- Our PhD level Inventive Scientists are technical leaders in their field, establishing external recognition while creating innovative, business-impacting solutions.
- Data Scientists will usually have a Master’s; they are responsible for the entire data – to – solution pipeline. They both support the Inventive Scientists and are responsible for their own projects.
Location can be Bedminster, NJ or New York, NY.
Desired areas of expertise:
- Spatiotemporal analysis of mobile data - The AT&T network generates billions of records per day from handheld devices, each one providing a data point in time and space. Understanding the dynamics of this data through time series and spatial statistics helps AT&T better serve its customers, improve its network, and develop new products and services.
- Statistical computation - AT&T is developing high-performance statistical models and algorithms (mostly in R) to leverage modern streaming and storage technologies. One example is the AT&T collaborative coding project RCloud http://rcloud.social/.
- Text mining - AT&T is modeling free-form text from millions of customer surveys, representative notes, and chats as one way to manage our business in real time. New methods are needed to keep up with the volume and complexity of this data.
- Data visualization - AT&T creates algorithms, systems, and techniques for visualizing new data sets at increasingly large scale. AT&T is especially interested in interactive visualization of very large geospatial and temporal data. One example is our open source project Nanocubes http://nanocubes.net .
- Database management and data quality - AT&T is building high-performance and low latency systems to manage high velocity data streams. These systems are critical for accurate processing and analysis of data from the AT&T mobile network. Analyzing the data to identify glitches, and cleaning the data to minimize distortion while preserving maximal underlying variation, are essential to ensure meaningful big data analytics.
- Predictive Modeling – We estimate models to predict customer behavior and sentiment, service disruptions, and event impacts. Models serve to both target, and to gain insight into variable relationships. Our rich customer and network data allows analysts to positively affect business outcomes and to pursue methodological research (comparing machine learning algorithms, for example).
- Inventive Scientist candidates shall have a PhD or equivalent in a data science field, including these most commonly: Statistics, Computer Science, Machine Learning, Operations Research, Computer Engineering, and Mathematics.

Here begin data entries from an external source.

-- ===== src/Cli/Server/Scope.antt =====
-- Which requests the server commands send, and what a list shows.
use stdiod.Base.{
  String, Bool, true, All, subst, ◌≡◌, refl, sym, ◌∙◌, ap, none, some, List, Result, ok, map_err,
  bind-inv, map_err-inv, ok_inj,
}
use stdiod.Base.Text.{append}
use stdiod.Config.{
  PersistedConfig, Machine, CredentialRef, client_access_token, legacy_api_key, usable_credential,
}
use stdiod.Http.{Request, Response, BackendClient, get_json, post_json, delete, request}
use stdiod.Cli.Server.{
  render, add_for, remove_for, create_request, ServerCommand, add, list, remove, ServerListItem,
  Backend, credential_kind, add_with, list_with, list_for, remove_with, run_command, own_device,
  is_own, sort_by_name, retain, http,
}
use stdiod.Cli.Server.Listing.{
  count, count-retain, count-sort_by_name, IsSorted, sort_by_name-IsSorted, IsOwn, is_own_iff,
  retain-IsOwn, sort_by_name-All,
}

-- A request of the client's own interface, with the client's token.
abbrev pub IsClientRequest : BackendClient → Request → Type 0
IsClientRequest client r =
    (path : String) × (r.url ≡ append client.base (append "/api/v1/client/" path))
    × (r.bearer ≡ some client.token)

-- A backend with another way to send requests.
abbrev pub sending : (Request → Result String Response) → Backend → Backend
sending send backend = record backend { send = send }

module _ (backend : Backend) (machine : Machine) (client : BackendClient) (c : PersistedConfig)
    (credential : CredentialRef) where
  kind_lem :
      usable_credential c ≡ some credential
      → credential.kind ≡ client_access_token
      → credential_kind c ≡ ok client_access_token
  unfolding credential_kind
  kind_lem found client_kind = rw (found, credential_kind) (ap ok client_kind)

  module _ (send : Request → Result String Response) where
    -- With a client credential the server commands depend on no other request than those to the
    -- client's own interface that carry its token: two ways to send requests that agree on these give
    -- the same result.
    pub run_command-IsClientRequest :
        (command : ServerCommand)
        → usable_credential c ≡ some credential
        → credential.kind ≡ client_access_token
        → ((r : Request) → IsClientRequest client r → send r ≡ backend.send r)
        → run_command (sending send backend) machine client command c
          ≡ run_command backend machine client command c
    unfolding run_command add_with list_with list_for remove_with add_for remove_for post_json
        get_json delete append request render
    run_command-IsClientRequest (add args) found kind agrees =
        let ask =
          request backend.send client "POST" "/api/v1/client/mcp-requests"
            (some (create_request args none)) in
        rw (kind_lem found kind, agrees ask ("mcp-requests", refl, refl)) refl
    run_command-IsClientRequest (list json) found kind agrees =
        let ask = request backend.send client "GET" "/api/v1/client/servers" none in
        rw (kind_lem found kind, agrees ask ("servers", refl, refl)) refl
    run_command-IsClientRequest (remove name) found kind agrees =
        let rest = append "mcp-requests/" (backend.encode name) in
        let ask = request backend.send client "DELETE" (append "/api/v1/client/" rest) none in
        rw (kind_lem found kind, agrees ask (rest, refl, refl)) refl

  -- With an API key, a `server list` that succeeds shows a list of servers in the order of their
  -- names, each of which the tunnel runs on this device, and which leaves none of these out: for any
  -- test that only such servers pass, as many servers of the list pass it as of the backend's answer.
  pub list_with-IsSorted :
      (json : Bool) (output : String) (test : ServerListItem → Bool)
      → usable_credential c ≡ some credential
      → credential.kind ≡ legacy_api_key
      → ((item : ServerListItem)
          → test item ≡ true
          → IsOwn (own_device backend machine client c) item)
      → list_with backend machine client json c ≡ ok output
      → (items : List ServerListItem) × (shown : List ServerListItem) × (get_json backend.send
            client backend.decode_list "/api/v1/servers?page=1&per_page=200"
          ≡ ok items)
        × (output ≡ render backend machine client json legacy_api_key c shown)
        × IsSorted shown
        × All (IsOwn (own_device backend machine client c)) shown
        × (count test shown ≡ count test items)
  unfolding list_with list_for credential_kind
  list_with-IsSorted json output test found kind only e =
      let get =
        get_json backend.send client backend.decode_list "/api/v1/servers?page=1&per_page=200" in
      let device = own_device backend machine client c in
      let known : credential_kind c ≡ ok legacy_api_key =
        rw (found, credential_kind) (ap ok kind) in
      let (listed, filtered, rendered) =
        bind-inv (list_for backend machine client legacy_api_key c) _ output (rw known at e) in
      let (items, got, kept) = bind-inv (map_err http get) _ listed filtered in
      let own = retain-IsOwn device items in
      let same : retain (is_own device) items ≡ listed = ok_inj kept in
      (
        items,
        sort_by_name listed,
        map_err-inv http get items got,
        sym (ok_inj rendered),
        sort_by_name-IsSorted listed,
        sort_by_name-All (IsOwn device) listed (subst (All (IsOwn device)) same own),
        count-sort_by_name test listed
            ∙ ap (count test) (sym same)
            ∙ count-retain test (is_own device) items
                (λ item passes. (is_own_iff device item).1 (only item passes)),
      )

- Data Science candidates shall have a Master’s or PhD in a data science field.
- Experience and passion for finding solutions to real world, applied problems. In addition for Inventive Scientists, established excellence in applied research through publications, new research techniques, open source contributions, and patents.
- Expertise working with large industrial scale data sets, and the ability to use software to manipulate data, prototype new tools, and extract actionable insights from that data.

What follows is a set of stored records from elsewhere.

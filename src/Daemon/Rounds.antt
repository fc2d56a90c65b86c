-- ===== src/Daemon/Rounds.antt =====
-- The loop of `run` from round to round.
use stdiod.Base.{◌≤◌, ◌≡◌}
use stdiod.Supervisor.{Supervisor}
use stdiod.Supervisor.Current.{IsCurrent}
use stdiod.Daemon.{backoff_min, backoff_max}
use stdiod.Daemon.Session.{Environment, Loop}
use stdiod.Daemon.Stores.{account_path}

-- The store is the one of the account that the loop stands on, by its file, the children agree with
-- it, and the backoff is between 1 and 30 seconds.
pub record IsSound (env : Environment) (l : Loop) : Type 0 where
  pub current : IsCurrent l.supervisor
  pub own_store : l.supervisor.env_store.path ≡ account_path env l.resolved
  pub not_short : backoff_min ≤ l.backoff
  pub not_long : l.backoff ≤ backoff_max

- Capable of presenting outcomes of analytic solutions in a format easily understood by a non-technical audience.
- Expert-level skills and abilities within field of knowledge, and demonstrated ability to develop new ideas from inception to prototype.
- Accomplished R programmer, and experience coding with other languages such as C/C++, Python, and Java.
- Experience with modern data management systems like Hadoop, NoSQL, and Spark.
- Candidates with 5+ years of relevant experience may be considered for a more senior position.
Qualified candidates may be asked to submit a Research Statement (required for Inventive Scientist applicants) and 3-5 references (required for Inventive Scientist applicants, optional but encouraged for Data Scientist applicants).